I’ll say at the outset where this lands, because it isn’t where the marketing points. There are really three ways to keep a copy out of the building: hand one to family, rent space in the cloud, or run a second machine somewhere else yourself. For most people with a serious archive the cloud turns out not to be the answer, and the rest of this article is the working-out behind that. The decision in the end is yours, and what it comes down to first is a number most people have never worked out: how much you are actually trying to protect.

How big is your archive, really?

Before any of the options make sense you need a rough idea of how much you’re protecting, because that one number decides not just which option fits but whether this is a decision worth agonising over at all. Archives vary more than people expect, by a factor of thousands rather than twos.

It helps to know what makes an archive big, because it’s almost always one thing: video. A lifetime of scanned photographs and documents, even a great many, tends to land in the tens of gigabytes. It’s moving footage that consumes the most space. The highest-quality way of capturing a video tape records the raw signal straight off the tape, before any machine has tidied it up, and it is hungry: something like 100 to 130 gigabytes for every hour.

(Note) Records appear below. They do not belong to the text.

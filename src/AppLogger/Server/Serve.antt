-- ===== src/AppLogger/Server/Serve.antt =====
-- `LogServer::routine`, src/app_logger.cc: the thread of the server.
use libnebula.Prelude.{ℕ, Bool, true, false, Option, none, some}
use libnebula.Prelude.Int.{pos, negsuc}
use libnebula.AsyncEvent.{Status, ok, error, AsyncEvent, System, readable}
use libnebula.AsyncEvent.Fds.{initialize, add_fd_event}
use libnebula.AsyncEvent.Timers.{finished, out_of_range, out_of_fuel, add_time_event}
use libnebula.AsyncEvent.Dispatch.{event_loop}
use libnebula.AsyncIo.{Sockets, Address, set_nonblock}
use libnebula.AppLogger.{err, notice}
use libnebula.AppLogger.Server.{Note, LogServer, Calls, check_interval, noted, set_ready}

-- How the routine ends: with the code of an error, with 0, or in the model by an access out of
-- bounds or for want of fuel.
pub data Ended (A : Type 0) : Type 0 where
  failed : Note → A → Ended A
  served : A → Ended A
  lost : Ended A

-- The numbers that stand for `recvDomainSocketMessage`, `checkStopFlag` and `this`.
abbrev pub recv_proc : ℕ
recv_proc = 1

abbrev pub check_proc : ℕ
check_proc = 2

abbrev pub this : ℕ
this = 1

abbrev pub State : Type 0 → Type 0
State V = AsyncEvent × (LogServer × V)

module _ {V : Type 0} (calls : Calls V) (net : Sockets V) (sys : System (LogServer × V))
    (turns fuel : ℕ) where
  -- `writeLogMessage`, then `return (void *) errno`.
  abbrev pub fail : Note → AsyncEvent → LogServer × V → Ended (State V)
  fail note ae w = elim (noted calls err note w) [ none ↦ lost | some w' ↦ failed note (ae, w') ]

  unfoldable pub serve : AsyncEvent → LogServer × V → Ended (State V)
  serve ae (self, v) = elim (noted calls notice Note.ready (set_ready self, v)) [
    | none ↦ lost
    | some w ↦ elim (event_loop sys turns fuel ae w) [
      | finished r ↦ served r
      | out_of_range ↦ lost
      | out_of_fuel ↦ lost
    ]
  ]

  -- After each call of the routine: what it does with the result.
  abbrev pub after_timer : Option ℕ × AsyncEvent × (LogServer × V) → Ended (State V)
  after_timer (none, ae, w) = fail Note.add_time_event_failed ae w
  after_timer (some id, ae, w) = serve ae w

  abbrev pub after_fd_event : Status × AsyncEvent × (LogServer × V) → Ended (State V)
  after_fd_event (error, ae, w) = fail Note.add_fd_event_failed ae w
  after_fd_event (ok, ae, w) = after_timer (add_time_event sys check_interval check_proc this ae w)

  abbrev pub after_initialize : ℕ → Status × AsyncEvent × (LogServer × V) → Ended (State V)
  after_initialize fd (error, ae, w) = fail Note.initialize_failed ae w
  after_initialize fd (ok, ae, w) =
      after_fd_event (add_fd_event sys (pos fd) readable recv_proc this 0 0 ae w)

  abbrev pub after_bind : ℕ → AsyncEvent → LogServer → Bool × V → Ended (State V)
  after_bind fd ae self (false, v) = fail Note.bind_failed ae (self, v)
  after_bind fd ae self (true, v) =
      after_initialize fd (initialize sys (pos 64) (pos 32) ae (self, v))

  abbrev pub after_nonblock : ℕ → AsyncEvent → LogServer → Bool × V → Ended (State V)
  after_nonblock fd ae self (false, v) = fail Note.set_nonblock_failed ae (self, v)
  after_nonblock fd ae self (true, v) =
      let path = calls.socket_path v in
      after_bind fd ae (record self { path = path }) (net.bind v fd (Address.local path))

  abbrev pub after_socket : AsyncEvent → LogServer → Option ℕ × V → Ended (State V)
  after_socket ae self (none, v) =
      fail Note.socket_failed ae (record self { domain_fd = negsuc 0 }, v)
  after_socket ae self (some fd, v) =
      after_nonblock fd ae (record self { domain_fd = pos fd }) (set_nonblock net fd v)

  unfoldable pub routine : AsyncEvent → LogServer × V → Ended (State V)
  unfolding serve
  routine ae (self, v) =
      after_socket ae self (net.socket v (record { is_local = true; use_tcp = false }))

A simpler capture depends entirely on the gear: a cheap USB adapter throws much of the picture away and lands at only a few gigabytes a tape, while a proper archival capture that keeps everything the tape still holds is nearer 50 gigabytes. Audio cassettes saved at full quality are smaller again. So the real question under “how big is my archive” is “how much video have I got, and how well do I want to keep it”.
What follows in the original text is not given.